The London School of Economics has been closed following violent protests by students angry at the installation of steel security gates.
Police were called in to try to break up the demonstrators who broke through seven sets of steel protective gates put up last week at the university in the Aldwych, central London.
The gates had been attacked with crowbars, pickaxes and sledgehammers.
Officers arrested 25 students who were taken to Bow Street police station.
A crowd of student protesters followed, marching in a column, nine abreast, calling for the release of their colleagues.
The installation of the gates was regarded as highly provocative by the students – and some members of the academic staff.
They resemble the iron grilles fitted outside jewellers’ shops and students claim they made the school look like a concentration camp.
LSE director Dr Walter Adams, whose appointment two years ago sparked off a series of student sit-ins, said the gates were put up to allow certain parts of the building to be closed off during protests – and allow others, such as the union premises, to remain open.
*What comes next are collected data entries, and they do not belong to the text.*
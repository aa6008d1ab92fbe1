-- ===== src/Engine/Boundary.antt =====
-- What the submission of a command rests on: which commands are marked as sent, and what the check of
-- the clock and the commit of the boundary leave alone.
pub mod Submits
use mathlib.Core.Path.{subst}
use zhir.Prelude.{
  ◌≡◌, refl, sym, ap, ◌∙◌, inl, inr, ◌⊎◌, arith, String, Bool, true, false, Bool-cases, not, ◌&&◌,
  ◌||◌, Option, none, some, List, [], ◌∷◌, any, find, same, same_self, String-discrete,
  if◌then◌else◌, lookup,
}
use zhir.Error.{Error, Result, ok, Every, Every-map, ok-injective, >>=-eq-ok}
use zhir.Error as Error
use zhir.Value.{Json}
use zhir.Operation.{Content, OperationRecord}
use zhir.Model.{AppendSource, local_projection}
use zhir.History.Entry.{HistoryEntry}
use zhir.History.Chain.{get}
use zhir.Run.{Checkpoint, CommandIntent, PendingCommand, Fact}
use zhir.Run
use zhir.Storage.Commit.{HistoryDelta}
use zhir.Engine.State.{Engine, SessionCommand, SessionCommandBody, submit}
use zhir.Engine.State
use zhir.Engine.Action.{
  RunStore, Environment, Action, ◌>>=◌, done, gets, lift, raise_if, read_clock, adjust, check,
}
use zhir.Engine.Changes.{with_commands}
use zhir.Engine.Commit.{commit, answered}
use zhir.Engine.Commit.Outcome.{answer, commit-eq, conclude, saved}
use zhir.Engine.Session.{declares}
use zhir.Engine.Commands.{
  append_body, can_send, command_body, commit_boundary, context_body, dispatch_command,
  dispatch_commands, dispatch_first, dispatch_session, following, following_if, is_generate,
  is_unsent, mark_sent,
}
use zhir.Engine.Replay.{bind-ok, continue-ok, commit-current}

module _ {V : Type 0} where
  abbrev pub asks : SessionCommandBody V → Bool
  asks (State.generate _ _ _ _) = true
  asks _ = false

  context_body-asks :
      (id : String) (content : List (Content V)) (o : Option (OperationRecord V))
      (body : SessionCommandBody V)
      → context_body id content o ≡ ok body
      → asks body ≡ false
  context_body-asks id content none body h = cc
  context_body-asks id content (some operation) body h = rw (← ok-injective h) refl

  append_body-asks :
      (revision position : _) (source : AppendSource) (entry : Option (HistoryEntry V))
      (body : SessionCommandBody V)
      → append_body revision position source entry ≡ ok body
      → asks body ≡ false
  append_body-asks revision position source none body h = cc
  append_body-asks revision position source (some entry) body h = rw (← ok-injective h) refl

  pub command_body-asks :
      (c : Checkpoint V) (intent : CommandIntent V) (body : SessionCommandBody V)
      → command_body c intent ≡ ok body
      → asks body ≡ is_generate intent
  unfolding command_body
  command_body-asks c (Run.delegation_context id content) body h =
      context_body-asks id content (lookup String-discrete id c.active.operations) body h
  command_body-asks c (Run.append entry revision position source _) body h =
      append_body-asks revision position source (get c.history entry) body h
  command_body-asks c (Run.generate _ _ _ _) body h = rw (← ok-injective h) refl
  command_body-asks c (Run.replace_context _) body h = rw (← ok-injective h) refl
  command_body-asks c (Run.update_profile _ _) body h = rw (← ok-injective h) refl
  command_body-asks c (Run.interrupt_output _ _) body h = rw (← ok-injective h) refl
  command_body-asks c Run.flush_input body h = rw (← ok-injective h) refl
  command_body-asks c (Run.set_input_audio _) body h = rw (← ok-injective h) refl
  command_body-asks c Run.seal_user_input body h = rw (← ok-injective h) refl
  command_body-asks c Run.close body h = rw (← ok-injective h) refl

  -- A command of an identity that is marked as sent.
  abbrev pub is_marked : String → List (PendingCommand V) → Bool
  is_marked id commands = any (λ c. same String-discrete c.id id && c.sent) commands

  abbrev pub IsCommitted : Checkpoint V → SessionCommand V → Type 0
  IsCommitted c command = is_marked command.id c.active.commands ≡ true

  pub find-marked :
      (p : PendingCommand V → Bool) (commands : List (PendingCommand V))
      (command : PendingCommand V)
      → find p commands ≡ some command
      → command.sent ≡ true
      → is_marked command.id commands ≡ true
  find-marked p [] command h sent = absurd (ground (arith, h))
  find-marked p (x ∷ xs) command h sent = elim (Bool-cases (p x)) [
    | inl b ↦
        let is : x ≡ command = ground (arith, b, h) in
        rw (is, same_self String-discrete command.id, sent) refl
    | inr b ↦
        let rest = find-marked p xs command (ground (arith, b, h)) sent in ground (arith, rest)
  ]

  pub mark_sent-marked :
      (p : PendingCommand V → Bool) (commands : List (PendingCommand V))
      (command : PendingCommand V)
      → find p commands ≡ some command
      → is_marked command.id (mark_sent command.id commands) ≡ true
  unfolding mark_sent
  mark_sent-marked p [] command h = absurd (ground (arith, h))
  mark_sent-marked p (x ∷ xs) command h = elim (Bool-cases (same String-discrete x.id command.id)) [
    | inl same_id ↦ rw (same_id, same_id) refl
    | inr other ↦ elim (Bool-cases (p x)) [
      | inl b ↦
          let is : x ≡ command = ground (arith, b, h) in
          absurd (ground (arith, other, is, same_self String-discrete command.id))
      | inr b ↦
          let rest = mark_sent-marked p xs command (ground (arith, b, h)) in rw (other, other) rest
    ]
  ]

raise_if-same :
    {V S : Type 0} (b : Bool) (error : Error) (e e' : Engine V S)
    → raise_if b error e ≡ (ok tt, e')
    → e' ≡ e
unfolding raise_if ◌>>=◌
raise_if-same true error e e' h =
    absurd (ground (arith, ap (λ (t : Result (Unit {0}) × Engine _ _). t.0) h))
raise_if-same false error e e' h = ap (λ (t : Result (Unit {0}) × Engine _ _). t.1) (sym h)

module _ {V S : Type 0} where
  -- What a part of a method leaves alone.
  abbrev pub Leaves : Engine V S → Engine V S → Type 0
  Leaves e e' = (e'.current ≡ e.current) × (e'.volatile ≡ e.volatile)

  conclude-volatile :
      (r : Result (Unit {0})) (e e' : Engine V S) (s : S) (c : Checkpoint V)
      → conclude r e s c ≡ (ok tt, e')
      → e'.volatile ≡ e.volatile
  conclude-volatile (ok _) e e' s c h = sym (ap (λ t. t.1.volatile) h)
  conclude-volatile (Error.err error) e e' s c h = absurd (ground (arith, ap (λ t. t.0) h))

module _ {V S : Type 0} ⦃environment : Environment V⦄ where
  pub check-Leaves : (e e' : Engine V S) → check e ≡ (ok tt, e') → Leaves e e'
  unfolding check gets read_clock
  check-Leaves e e' h =
      let (deadline, e1, read, h1) = bind-ok (gets (λ e. e.deadline)) _ e e' tt h in
      let (reading, e2, clock, h2) = bind-ok read_clock _ e1 e' tt h1 in
      let (_, e3, timely, h3) = bind-ok (raise_if _ Error.deadline) _ e2 e' tt h2 in
      let last = raise_if-same reading.1 Error.cancelled e3 e' h3 in
      let before = raise_if-same _ Error.deadline e2 e3 timely in
      let start = ap (λ t. t.1) (sym read) in
      let ticked = ap (λ t. t.1) (sym clock) in
      (
        ap (λ t. t.current) last
            ∙ ap (λ t. t.current) before
            ∙ ap (λ t. t.current) ticked
            ∙ ap (λ t. t.current) start,
        ap (λ t. t.volatile) last
            ∙ ap (λ t. t.volatile) before
            ∙ ap (λ t. t.volatile) ticked
            ∙ ap (λ t. t.volatile) start,
      )

  pub following-asks :
      (e : Engine V S) (commands : List (PendingCommand V)) (batch : List (SessionCommand V))
      → following e commands ≡ ok batch
      → Every (λ c. asks c.body ≡ false) batch
  unfolding following
  following-asks e [] batch h = rw (← ok-injective h) tt
  following-asks e (command ∷ commands) batch h =
      elim (Bool-cases (is_generate command.intent || not (can_send e command))) [
        | inl ends ↦
            let none_left : [] ≡ batch = ok-injective (ground (arith, ends, h)) in
            subst (λ b. Every (λ c. asks c.body ≡ false) b) none_left tt
        | inr goes ↦
            let step : (Bool → Result (List (SessionCommand V))) = λ b.
              if b
              then ok []
              else Error.◌>>=◌ (command_body e.current command.intent) λ body.
                Error.◌>>=◌ (following e commands)
                  λ rest. ok (record { id = command.id; body = body } ∷ rest) in
            let goes_on = subst (λ b. step b ≡ ok batch) goes h in
            let (body, made, h1) = >>=-eq-ok (command_body e.current command.intent) _ goes_on in
            let (rest, followed, all) =
              >>=-eq-ok (following e commands)
                (λ rest. ok (record { id = command.id; body = body } ∷ rest)) h1 in
            let plain : is_generate command.intent ≡ false = ground (arith, goes) in
            subst (λ b. Every (λ c. asks c.body ≡ false) b) (ok-injective all)
              (
                command_body-asks e.current command.intent body made ∙ plain,
                following-asks e commands rest followed,
              )
      ]

module _ {V S : Type 0} ⦃store : RunStore V S⦄ ⦃environment : Environment V⦄ where
  pub commit_boundary-marked :
      (id : String) (e e' : Engine V S)
      → commit_boundary id e ≡ (ok tt, e')
      → (e'.current.active.commands ≡ mark_sent id e.current.active.commands)
        × (e'.volatile ≡ e.volatile)
  unfolding commit_boundary gets ◌>>=◌
  commit_boundary-marked id e e' h =
      let next : Checkpoint V = with_commands (mark_sent id e.current.active.commands) e.current in
      let fact = Fact.command id in
      let (r, s) = answer e next fact HistoryDelta.unchanged in
      (
        ap (λ c. c.active.commands) (commit-current next fact HistoryDelta.unchanged e e' h),
        conclude-volatile (answered r) e e' s (saved e next fact)
            (sym (commit-eq next fact HistoryDelta.unchanged e) ∙ h),
      )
Students and staff held a meeting during the day to discuss the removal of the gates – but the student union president, Francis Keohane, lost a motion that removal should be by negotiation.
Within half an hour the gates were down. The union president, and treasurer Roger Mountford, announced their resignations saying they could not defend the law-breaking action.
The damage to the security gates is the latest in a long line of confrontations with the authorities which began in 1966 when students protested at the appointment of Dr Adams, then principal of the University College of Rhodesia.
The students claimed Dr Adams had not shown sufficient resistance to the regime of Ian Smith.
In context
The London School of Economics remained closed for more than three weeks. It brought legal action against 13 people, including three staff, said to be ringleaders.
The “troublemakers” were banned from the college for a month and only allowed to return on condition they did not interfere with the management or damage the premises.
Two of the three staff were subsequently sacked. A number of the students faced further disciplinary action for disrupting lectures.
Student unrest in the late 1960s was widespread not just in the UK but also in North America and some European countries.